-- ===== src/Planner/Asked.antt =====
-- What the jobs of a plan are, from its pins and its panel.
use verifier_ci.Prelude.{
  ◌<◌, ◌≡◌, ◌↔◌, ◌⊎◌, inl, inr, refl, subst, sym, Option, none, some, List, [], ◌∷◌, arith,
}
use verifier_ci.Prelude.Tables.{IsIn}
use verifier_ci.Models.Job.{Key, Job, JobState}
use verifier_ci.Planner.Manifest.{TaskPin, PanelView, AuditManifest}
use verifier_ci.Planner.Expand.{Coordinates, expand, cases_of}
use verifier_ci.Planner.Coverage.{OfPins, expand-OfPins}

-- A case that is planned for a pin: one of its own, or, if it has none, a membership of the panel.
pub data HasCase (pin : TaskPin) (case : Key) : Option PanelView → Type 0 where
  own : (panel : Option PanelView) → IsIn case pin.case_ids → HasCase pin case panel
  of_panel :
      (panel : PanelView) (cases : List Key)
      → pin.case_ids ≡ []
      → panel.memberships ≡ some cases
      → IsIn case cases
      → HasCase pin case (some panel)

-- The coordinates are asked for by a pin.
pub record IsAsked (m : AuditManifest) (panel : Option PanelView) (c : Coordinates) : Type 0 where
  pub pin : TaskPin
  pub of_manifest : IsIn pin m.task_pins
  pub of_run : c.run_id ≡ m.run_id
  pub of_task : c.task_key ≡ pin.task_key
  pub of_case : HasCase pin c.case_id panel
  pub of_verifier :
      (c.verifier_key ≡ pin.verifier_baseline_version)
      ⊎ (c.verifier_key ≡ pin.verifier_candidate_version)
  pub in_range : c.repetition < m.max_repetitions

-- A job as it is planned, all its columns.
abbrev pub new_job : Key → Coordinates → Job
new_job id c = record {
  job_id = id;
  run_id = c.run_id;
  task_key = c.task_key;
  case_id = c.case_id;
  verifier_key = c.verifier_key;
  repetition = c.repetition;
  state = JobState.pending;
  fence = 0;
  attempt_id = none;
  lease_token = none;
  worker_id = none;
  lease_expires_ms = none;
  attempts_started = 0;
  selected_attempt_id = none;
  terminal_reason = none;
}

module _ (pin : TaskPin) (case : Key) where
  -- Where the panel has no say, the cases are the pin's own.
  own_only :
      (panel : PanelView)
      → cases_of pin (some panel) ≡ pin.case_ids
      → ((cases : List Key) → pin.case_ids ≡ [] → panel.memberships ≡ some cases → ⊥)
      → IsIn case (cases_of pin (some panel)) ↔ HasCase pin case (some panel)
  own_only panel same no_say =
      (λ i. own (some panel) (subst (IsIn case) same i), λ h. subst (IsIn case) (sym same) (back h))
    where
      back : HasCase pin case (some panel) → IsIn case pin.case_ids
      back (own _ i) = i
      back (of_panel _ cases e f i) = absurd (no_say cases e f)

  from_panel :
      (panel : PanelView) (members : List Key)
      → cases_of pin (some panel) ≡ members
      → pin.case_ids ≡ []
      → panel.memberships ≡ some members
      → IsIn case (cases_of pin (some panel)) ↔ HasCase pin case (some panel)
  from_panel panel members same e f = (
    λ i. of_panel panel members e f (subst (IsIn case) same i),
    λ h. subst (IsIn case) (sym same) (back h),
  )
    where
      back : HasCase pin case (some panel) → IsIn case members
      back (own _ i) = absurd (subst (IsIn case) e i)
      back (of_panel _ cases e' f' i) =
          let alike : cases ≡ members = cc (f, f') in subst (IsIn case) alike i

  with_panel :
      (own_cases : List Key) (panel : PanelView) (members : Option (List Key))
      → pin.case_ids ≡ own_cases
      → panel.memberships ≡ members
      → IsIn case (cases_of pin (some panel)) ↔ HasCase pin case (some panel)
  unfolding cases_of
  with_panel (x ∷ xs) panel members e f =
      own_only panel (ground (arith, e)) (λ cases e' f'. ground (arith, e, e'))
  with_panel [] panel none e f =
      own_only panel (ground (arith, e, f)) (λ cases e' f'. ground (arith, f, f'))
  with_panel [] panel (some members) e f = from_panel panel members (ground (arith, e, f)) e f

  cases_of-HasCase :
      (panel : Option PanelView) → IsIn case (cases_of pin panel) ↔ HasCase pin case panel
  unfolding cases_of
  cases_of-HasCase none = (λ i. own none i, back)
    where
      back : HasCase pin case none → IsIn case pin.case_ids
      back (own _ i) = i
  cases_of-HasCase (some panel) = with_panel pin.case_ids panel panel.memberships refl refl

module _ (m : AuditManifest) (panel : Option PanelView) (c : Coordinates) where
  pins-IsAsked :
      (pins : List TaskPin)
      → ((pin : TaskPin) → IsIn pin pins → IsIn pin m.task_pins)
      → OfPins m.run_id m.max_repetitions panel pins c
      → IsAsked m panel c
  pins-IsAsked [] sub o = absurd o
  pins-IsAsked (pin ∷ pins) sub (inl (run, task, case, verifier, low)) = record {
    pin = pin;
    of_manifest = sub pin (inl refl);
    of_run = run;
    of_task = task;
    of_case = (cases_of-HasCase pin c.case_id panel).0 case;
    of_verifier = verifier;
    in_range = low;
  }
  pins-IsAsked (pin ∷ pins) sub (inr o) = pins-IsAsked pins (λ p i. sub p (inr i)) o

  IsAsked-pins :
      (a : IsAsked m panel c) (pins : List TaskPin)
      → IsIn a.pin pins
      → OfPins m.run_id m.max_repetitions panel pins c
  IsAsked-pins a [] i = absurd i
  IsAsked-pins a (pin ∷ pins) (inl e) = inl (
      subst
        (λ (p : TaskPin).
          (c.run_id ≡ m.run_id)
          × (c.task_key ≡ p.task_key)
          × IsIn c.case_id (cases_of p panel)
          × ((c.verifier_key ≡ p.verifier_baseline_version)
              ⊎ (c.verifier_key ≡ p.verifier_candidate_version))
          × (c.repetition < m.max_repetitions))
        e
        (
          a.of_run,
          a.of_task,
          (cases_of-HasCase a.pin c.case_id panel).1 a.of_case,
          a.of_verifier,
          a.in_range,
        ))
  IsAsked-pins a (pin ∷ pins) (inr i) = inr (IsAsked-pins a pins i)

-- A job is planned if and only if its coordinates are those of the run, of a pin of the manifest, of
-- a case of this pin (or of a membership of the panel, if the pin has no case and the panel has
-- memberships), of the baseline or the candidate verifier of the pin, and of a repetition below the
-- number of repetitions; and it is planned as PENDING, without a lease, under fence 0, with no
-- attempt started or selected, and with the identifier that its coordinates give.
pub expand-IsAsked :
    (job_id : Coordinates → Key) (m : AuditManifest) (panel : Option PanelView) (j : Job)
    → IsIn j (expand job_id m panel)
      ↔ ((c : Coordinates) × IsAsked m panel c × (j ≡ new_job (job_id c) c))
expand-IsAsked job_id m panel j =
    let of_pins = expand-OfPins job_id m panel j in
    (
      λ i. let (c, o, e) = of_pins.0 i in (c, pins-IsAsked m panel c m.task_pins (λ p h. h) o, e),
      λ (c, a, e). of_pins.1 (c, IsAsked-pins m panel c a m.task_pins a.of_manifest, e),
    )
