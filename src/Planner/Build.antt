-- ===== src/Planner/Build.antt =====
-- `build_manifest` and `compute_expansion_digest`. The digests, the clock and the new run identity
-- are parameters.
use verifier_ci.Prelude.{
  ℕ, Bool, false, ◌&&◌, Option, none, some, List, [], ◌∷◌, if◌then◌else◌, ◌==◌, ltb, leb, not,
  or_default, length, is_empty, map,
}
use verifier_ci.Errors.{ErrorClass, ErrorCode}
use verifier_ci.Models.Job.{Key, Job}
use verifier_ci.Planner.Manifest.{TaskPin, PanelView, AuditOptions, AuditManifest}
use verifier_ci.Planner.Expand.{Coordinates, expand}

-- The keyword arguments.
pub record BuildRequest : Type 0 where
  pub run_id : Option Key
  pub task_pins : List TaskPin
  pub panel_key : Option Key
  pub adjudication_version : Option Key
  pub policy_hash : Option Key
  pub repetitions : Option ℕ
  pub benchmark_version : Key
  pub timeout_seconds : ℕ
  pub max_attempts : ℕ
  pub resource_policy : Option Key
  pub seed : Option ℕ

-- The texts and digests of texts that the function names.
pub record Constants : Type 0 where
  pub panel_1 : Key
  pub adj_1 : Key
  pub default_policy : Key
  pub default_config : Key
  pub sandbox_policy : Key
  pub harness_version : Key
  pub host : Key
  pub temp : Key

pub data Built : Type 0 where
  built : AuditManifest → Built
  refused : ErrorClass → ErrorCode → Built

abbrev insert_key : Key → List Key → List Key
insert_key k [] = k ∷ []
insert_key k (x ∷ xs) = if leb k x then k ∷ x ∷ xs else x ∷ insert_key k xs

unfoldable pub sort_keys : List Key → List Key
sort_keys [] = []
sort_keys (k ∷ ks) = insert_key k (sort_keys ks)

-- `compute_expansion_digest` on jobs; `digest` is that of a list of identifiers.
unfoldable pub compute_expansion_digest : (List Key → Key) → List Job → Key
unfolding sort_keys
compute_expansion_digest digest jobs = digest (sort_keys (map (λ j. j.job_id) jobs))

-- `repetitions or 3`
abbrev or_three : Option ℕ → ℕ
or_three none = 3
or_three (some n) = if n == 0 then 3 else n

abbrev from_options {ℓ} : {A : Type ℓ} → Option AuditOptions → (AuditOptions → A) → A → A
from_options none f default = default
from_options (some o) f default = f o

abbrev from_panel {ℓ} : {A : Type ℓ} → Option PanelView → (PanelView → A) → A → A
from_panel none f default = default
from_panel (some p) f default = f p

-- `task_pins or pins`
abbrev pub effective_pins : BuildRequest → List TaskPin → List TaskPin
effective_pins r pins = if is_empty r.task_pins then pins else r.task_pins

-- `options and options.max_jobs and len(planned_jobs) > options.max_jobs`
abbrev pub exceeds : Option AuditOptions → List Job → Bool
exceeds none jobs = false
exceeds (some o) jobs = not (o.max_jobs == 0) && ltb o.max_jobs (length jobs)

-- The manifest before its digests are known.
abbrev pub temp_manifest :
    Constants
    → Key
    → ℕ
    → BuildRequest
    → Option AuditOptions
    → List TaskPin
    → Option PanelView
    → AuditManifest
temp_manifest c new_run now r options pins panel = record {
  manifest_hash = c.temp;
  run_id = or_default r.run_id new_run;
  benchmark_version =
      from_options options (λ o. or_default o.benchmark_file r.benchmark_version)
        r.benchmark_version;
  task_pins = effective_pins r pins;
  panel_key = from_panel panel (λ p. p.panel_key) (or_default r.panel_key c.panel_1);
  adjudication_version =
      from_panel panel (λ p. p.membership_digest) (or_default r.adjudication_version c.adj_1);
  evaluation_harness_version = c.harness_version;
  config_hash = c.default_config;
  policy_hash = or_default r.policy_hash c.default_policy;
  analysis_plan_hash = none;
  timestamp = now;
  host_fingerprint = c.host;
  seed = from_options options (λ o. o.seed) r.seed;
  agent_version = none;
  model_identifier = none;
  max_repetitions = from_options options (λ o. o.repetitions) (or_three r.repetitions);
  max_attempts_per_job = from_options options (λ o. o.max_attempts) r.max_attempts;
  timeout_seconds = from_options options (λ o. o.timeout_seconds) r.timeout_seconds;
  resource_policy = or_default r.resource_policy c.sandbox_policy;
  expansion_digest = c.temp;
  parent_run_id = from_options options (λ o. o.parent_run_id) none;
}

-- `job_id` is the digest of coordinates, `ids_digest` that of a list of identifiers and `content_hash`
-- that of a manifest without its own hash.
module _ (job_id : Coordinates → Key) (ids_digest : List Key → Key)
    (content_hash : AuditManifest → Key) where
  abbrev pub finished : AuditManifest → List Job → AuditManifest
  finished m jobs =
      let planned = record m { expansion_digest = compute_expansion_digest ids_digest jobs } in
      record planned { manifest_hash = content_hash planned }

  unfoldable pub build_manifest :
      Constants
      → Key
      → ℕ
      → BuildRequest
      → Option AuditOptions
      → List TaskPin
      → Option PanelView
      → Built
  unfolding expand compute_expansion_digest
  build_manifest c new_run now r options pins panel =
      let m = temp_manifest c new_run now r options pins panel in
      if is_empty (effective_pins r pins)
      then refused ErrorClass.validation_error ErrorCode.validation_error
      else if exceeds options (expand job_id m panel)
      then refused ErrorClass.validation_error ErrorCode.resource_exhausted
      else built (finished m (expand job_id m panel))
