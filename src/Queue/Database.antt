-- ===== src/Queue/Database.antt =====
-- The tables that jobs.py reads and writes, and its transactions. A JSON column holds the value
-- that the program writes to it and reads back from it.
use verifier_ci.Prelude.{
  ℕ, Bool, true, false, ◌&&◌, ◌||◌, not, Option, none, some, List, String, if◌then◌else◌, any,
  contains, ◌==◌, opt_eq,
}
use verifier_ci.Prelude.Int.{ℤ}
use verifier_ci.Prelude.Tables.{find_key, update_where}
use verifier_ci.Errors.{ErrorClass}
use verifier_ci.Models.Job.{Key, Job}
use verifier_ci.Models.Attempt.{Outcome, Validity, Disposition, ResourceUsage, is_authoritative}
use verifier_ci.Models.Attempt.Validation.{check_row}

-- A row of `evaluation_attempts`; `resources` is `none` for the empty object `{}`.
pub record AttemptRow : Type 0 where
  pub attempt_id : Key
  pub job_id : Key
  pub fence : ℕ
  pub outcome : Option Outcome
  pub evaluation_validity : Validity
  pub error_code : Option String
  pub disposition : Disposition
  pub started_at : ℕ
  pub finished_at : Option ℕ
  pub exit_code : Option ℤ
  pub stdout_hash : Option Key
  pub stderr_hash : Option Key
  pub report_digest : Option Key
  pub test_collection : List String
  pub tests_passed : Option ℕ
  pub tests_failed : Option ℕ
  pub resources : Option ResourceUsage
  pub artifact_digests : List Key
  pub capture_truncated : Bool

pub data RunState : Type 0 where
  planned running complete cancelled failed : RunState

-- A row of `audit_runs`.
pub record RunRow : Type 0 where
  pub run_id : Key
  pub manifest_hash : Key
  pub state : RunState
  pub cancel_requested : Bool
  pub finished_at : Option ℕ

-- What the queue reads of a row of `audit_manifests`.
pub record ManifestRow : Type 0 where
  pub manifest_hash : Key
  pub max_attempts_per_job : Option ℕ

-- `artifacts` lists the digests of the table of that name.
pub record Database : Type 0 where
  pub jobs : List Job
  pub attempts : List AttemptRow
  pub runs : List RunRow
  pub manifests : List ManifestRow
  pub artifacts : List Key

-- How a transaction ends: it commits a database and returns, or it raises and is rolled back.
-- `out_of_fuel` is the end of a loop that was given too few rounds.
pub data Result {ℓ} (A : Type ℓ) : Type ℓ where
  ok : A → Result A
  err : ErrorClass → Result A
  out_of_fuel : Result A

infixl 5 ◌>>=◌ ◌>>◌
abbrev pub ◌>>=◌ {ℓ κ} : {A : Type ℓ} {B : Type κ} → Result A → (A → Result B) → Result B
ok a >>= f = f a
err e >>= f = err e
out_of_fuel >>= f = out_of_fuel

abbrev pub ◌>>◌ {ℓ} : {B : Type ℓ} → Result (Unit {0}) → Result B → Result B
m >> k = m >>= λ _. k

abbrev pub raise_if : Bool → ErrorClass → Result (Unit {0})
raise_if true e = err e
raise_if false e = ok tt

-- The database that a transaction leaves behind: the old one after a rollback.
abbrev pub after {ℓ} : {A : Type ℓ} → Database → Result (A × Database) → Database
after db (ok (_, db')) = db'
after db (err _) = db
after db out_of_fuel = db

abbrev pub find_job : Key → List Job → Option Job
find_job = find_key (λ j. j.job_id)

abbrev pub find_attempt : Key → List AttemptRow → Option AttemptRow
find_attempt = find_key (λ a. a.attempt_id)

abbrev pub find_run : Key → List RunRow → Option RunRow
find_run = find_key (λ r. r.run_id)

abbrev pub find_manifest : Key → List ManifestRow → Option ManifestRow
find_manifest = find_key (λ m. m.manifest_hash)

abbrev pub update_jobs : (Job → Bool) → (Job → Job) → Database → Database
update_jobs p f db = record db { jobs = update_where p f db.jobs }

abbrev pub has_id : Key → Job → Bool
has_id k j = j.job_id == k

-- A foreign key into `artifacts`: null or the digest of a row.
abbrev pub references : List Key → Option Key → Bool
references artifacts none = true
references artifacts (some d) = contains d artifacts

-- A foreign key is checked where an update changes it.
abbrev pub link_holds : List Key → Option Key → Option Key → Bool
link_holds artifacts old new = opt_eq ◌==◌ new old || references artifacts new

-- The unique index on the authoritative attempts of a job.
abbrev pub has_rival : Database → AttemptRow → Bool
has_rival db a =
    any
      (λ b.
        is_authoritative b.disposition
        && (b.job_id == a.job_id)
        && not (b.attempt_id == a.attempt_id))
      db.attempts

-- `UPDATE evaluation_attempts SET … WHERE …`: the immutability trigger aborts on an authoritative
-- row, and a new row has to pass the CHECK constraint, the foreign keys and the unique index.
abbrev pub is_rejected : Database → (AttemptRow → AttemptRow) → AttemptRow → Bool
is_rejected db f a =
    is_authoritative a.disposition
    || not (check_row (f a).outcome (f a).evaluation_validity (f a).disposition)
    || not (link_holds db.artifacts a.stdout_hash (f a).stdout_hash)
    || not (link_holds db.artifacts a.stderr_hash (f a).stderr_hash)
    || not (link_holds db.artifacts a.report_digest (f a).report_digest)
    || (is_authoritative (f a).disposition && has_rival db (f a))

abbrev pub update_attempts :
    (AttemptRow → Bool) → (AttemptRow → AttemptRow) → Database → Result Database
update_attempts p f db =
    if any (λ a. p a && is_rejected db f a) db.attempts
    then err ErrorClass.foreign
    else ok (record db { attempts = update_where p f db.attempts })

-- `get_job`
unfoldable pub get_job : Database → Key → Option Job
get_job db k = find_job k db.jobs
*****
- Your instructions:
Give back exactly the lines from the line holding "abbrev pub has_rival" through the last line of the listing, including both.

- Output of the exercise:
abbrev pub has_rival : Database → AttemptRow → Bool
has_rival db a =
    any
      (λ b.
        is_authoritative b.disposition
        && (b.job_id == a.job_id)
        && not (b.attempt_id == a.attempt_id))
      db.attempts

-- `UPDATE evaluation_attempts SET … WHERE …`: the immutability trigger aborts on an authoritative
-- row, and a new row has to pass the CHECK constraint, the foreign keys and the unique index.
abbrev pub is_rejected : Database → (AttemptRow → AttemptRow) → AttemptRow → Bool
is_rejected db f a =
    is_authoritative a.disposition
    || not (check_row (f a).outcome (f a).evaluation_validity (f a).disposition)
    || not (link_holds db.artifacts a.stdout_hash (f a).stdout_hash)
    || not (link_holds db.artifacts a.stderr_hash (f a).stderr_hash)
    || not (link_holds db.artifacts a.report_digest (f a).report_digest)
    || (is_authoritative (f a).disposition && has_rival db (f a))

abbrev pub update_attempts :
    (AttemptRow → Bool) → (AttemptRow → AttemptRow) → Database → Result Database
update_attempts p f db =
    if any (λ a. p a && is_rejected db f a) db.attempts
    then err ErrorClass.foreign
    else ok (record db { attempts = update_where p f db.attempts })

-- `get_job`
unfoldable pub get_job : Database → Key → Option Job
get_job db k = find_job k db.jobs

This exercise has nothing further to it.